===== Given data
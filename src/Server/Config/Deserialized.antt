-- ===== src/Server/Config/Deserialized.antt =====
-- What the derived `Deserialize` of src/config.rs makes of the tables of a file.
use mytunnel.Prelude.{
  ℕ, ◌≡◌, ap, ◌∙◌, subst, false, some, ok, err, ◌>>=◌, ok_or, ok_or-ok, then_ok, unwrap_or,
}
use mytunnel.Server.Config.{
  QuicTable, TlsTable, PoolTable, LoggingTable, ServerTable, MetricsTable, Tables, ServerConfig,
  MetricsConfig, Config, tls_config, metrics_config, server_config, deserialize,
}
use mytunnel.Server.Config.Fields.{
  Given, unwrap_or-Given, Given-unwrap_or, QuicFields, TlsFields, PoolFields, LoggingFields,
  LimitsFields, quic_fields, fields_quic, tls_fields, fields_tls, pool_fields, fields_pool,
  logging_fields, fields_logging, limits_fields, fields_limits,
}

module _ {Addr : Type 0} where
  pub record ServerFields (t : ServerTable Addr) (c : ServerConfig Addr) : Type 0 where
    pub bind_addr : t.bind_addr ≡ some c.bind_addr
    pub workers : Given t.workers 0 c.workers

  server_fields :
      (t : ServerTable Addr) (c : ServerConfig Addr) (loopback : ℕ → Addr)
      → server_config loopback t ≡ ok c
      → ServerFields t c
  unfolding server_config
  server_fields t c loopback e =
      let (addr, e₁, made) = then_ok (ok_or t.bind_addr _) _ c e in
      let addr' : addr ≡ c.bind_addr =
        ap (λ r. elim r [ ok d ↦ d.bind_addr | err d ↦ addr ]) made in
      let workers : unwrap_or t.workers 0 ≡ c.workers =
        ap (λ r. elim r [ ok d ↦ d.workers | err d ↦ unwrap_or t.workers 0 ]) made in
      record {
        bind_addr = ok_or-ok t.bind_addr _ addr e₁ ∙ ap some addr';
        workers = subst (Given t.workers 0) workers (unwrap_or-Given t.workers 0);
      }

  fields_server :
      (t : ServerTable Addr) (c : ServerConfig Addr) (loopback : ℕ → Addr)
      → ServerFields t c
      → server_config loopback t ≡ ok c
  unfolding server_config
  fields_server t c loopback g = rw g.bind_addr (λ i.
      ok (record { bind_addr = c.bind_addr; workers = Given-unwrap_or t.workers _ _ g.workers i }))

  module _ (loopback : ℕ → Addr) where
    pub record MetricsFields (t : MetricsTable Addr) (c : MetricsConfig Addr) : Type 0 where
      pub enabled : Given t.enabled false c.enabled
      pub bind_addr : Given t.bind_addr (loopback 9090) c.bind_addr
      pub api_bind_addr : Given t.api_bind_addr (loopback 9091) c.api_bind_addr

    metrics_fields : (t : MetricsTable Addr) → MetricsFields t (metrics_config loopback t)
    unfolding metrics_config
    metrics_fields t = record {
      enabled = unwrap_or-Given t.enabled _;
      bind_addr = unwrap_or-Given t.bind_addr _;
      api_bind_addr = unwrap_or-Given t.api_bind_addr _;
    }

    fields_metrics :
        (t : MetricsTable Addr) (c : MetricsConfig Addr)
        → MetricsFields t c
        → metrics_config loopback t ≡ c
    unfolding metrics_config
    fields_metrics t c g = λ i. record {
      enabled = Given-unwrap_or t.enabled _ _ g.enabled i;
      bind_addr = Given-unwrap_or t.bind_addr _ _ g.bind_addr i;
      api_bind_addr = Given-unwrap_or t.api_bind_addr _ _ g.api_bind_addr i;
    }

    -- Every table but that of the limits is there, with the fields that have no default.
    pub record Fields (t : Tables Addr) (c : Config Addr) : Type 0 where
      pub server : ServerTable Addr
      pub quic : QuicTable
      pub tls : TlsTable
      pub pool : PoolTable
      pub metrics : MetricsTable Addr
      pub logging : LoggingTable
      pub server_given : t.server ≡ some server
      pub quic_given : t.quic ≡ some quic
      pub tls_given : t.tls ≡ some tls
      pub pool_given : t.pool ≡ some pool
      pub metrics_given : t.metrics ≡ some metrics
      pub logging_given : t.logging ≡ some logging
      pub server_fields : ServerFields server c.server
      pub quic_fields : QuicFields quic c.quic
      pub tls_fields : TlsFields tls c.tls
      pub pool_fields : PoolFields pool c.pool
      pub metrics_fields : MetricsFields metrics c.metrics
      pub logging_fields : LoggingFields logging c.logging
      pub limits_fields : LimitsFields t.limits c.limits

    pub deserialize-Fields :
        (t : Tables Addr) (c : Config Addr) → deserialize loopback t ≡ ok c → Fields t c
    unfolding deserialize
    deserialize-Fields t c e =
        let (server, made_server, e₁) =
          then_ok (ok_or t.server _ >>= server_config loopback) _ c e in
        let (server', e_server, server_ok) =
          then_ok (ok_or t.server _) (server_config loopback) server made_server in
        let (quic, e_quic, e₂) = then_ok (ok_or t.quic _) _ c e₁ in
        let (tls, made_tls, e₃) = then_ok (ok_or t.tls _ >>= tls_config) _ c e₂ in
        let (tls', e_tls, tls_ok) = then_ok (ok_or t.tls _) tls_config tls made_tls in
        let (pool, e_pool, e₄) = then_ok (ok_or t.pool _) _ c e₃ in
        let (metrics, e_metrics, e₅) = then_ok (ok_or t.metrics _) _ c e₄ in
        let (logging, e_logging, e₆) = then_ok (ok_or t.logging _) _ c e₅ in
        subst (Fields t) (ap (λ r. elim r [ ok d ↦ d | err d ↦ c ]) e₆) (record {
          server = server';
          quic = quic;
          tls = tls';
          pool = pool;
          metrics = metrics;
          logging = logging;
          server_given = ok_or-ok t.server _ server' e_server;
          quic_given = ok_or-ok t.quic _ quic e_quic;
          tls_given = ok_or-ok t.tls _ tls' e_tls;
          pool_given = ok_or-ok t.pool _ pool e_pool;
          metrics_given = ok_or-ok t.metrics _ metrics e_metrics;
          logging_given = ok_or-ok t.logging _ logging e_logging;
          server_fields = server_fields server' server loopback server_ok;
          quic_fields = quic_fields quic;
          tls_fields = tls_fields tls' tls tls_ok;
          pool_fields = pool_fields pool;
          metrics_fields = metrics_fields metrics;
          logging_fields = logging_fields logging;
          limits_fields = limits_fields t.limits;
        })

    pub Fields-deserialize :
        (t : Tables Addr) (c : Config Addr) → Fields t c → deserialize loopback t ≡ ok c
    unfolding deserialize
    Fields-deserialize t c g =
        rw
          (
            g.server_given,
            g.quic_given,
            g.tls_given,
            g.pool_given,
            g.metrics_given,
            g.logging_given,
            fields_server g.server c.server loopback g.server_fields,
            fields_tls g.tls c.tls g.tls_fields,
          )
          (λ i. ok (record {
            server = c.server;
            quic = fields_quic g.quic c.quic g.quic_fields i;
            tls = c.tls;
            pool = fields_pool g.pool c.pool g.pool_fields i;
            metrics = fields_metrics g.metrics c.metrics g.metrics_fields i;
            logging = fields_logging g.logging c.logging g.logging_fields i;
            limits = fields_limits t.limits c.limits g.limits_fields i;
          }))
==========
▶ _What to work on_
Take exactly the lines from the one containing "bind_addr = Given-unwrap_or t.bind_addr" through the one containing "pub server_fields : ServerFields" in the data above, and output them with nothing added.

▶ _Task result_
      bind_addr = Given-unwrap_or t.bind_addr _ _ g.bind_addr i;
      api_bind_addr = Given-unwrap_or t.api_bind_addr _ _ g.api_bind_addr i;
    }

    -- Every table but that of the limits is there, with the fields that have no default.
    pub record Fields (t : Tables Addr) (c : Config Addr) : Type 0 where
      pub server : ServerTable Addr
      pub quic : QuicTable
      pub tls : TlsTable
      pub pool : PoolTable
      pub metrics : MetricsTable Addr
      pub logging : LoggingTable
      pub server_given : t.server ≡ some server
      pub quic_given : t.quic ≡ some quic
      pub tls_given : t.tls ≡ some tls
      pub pool_given : t.pool ≡ some pool
      pub metrics_given : t.metrics ≡ some metrics
      pub logging_given : t.logging ≡ some logging
      pub server_fields : ServerFields server c.server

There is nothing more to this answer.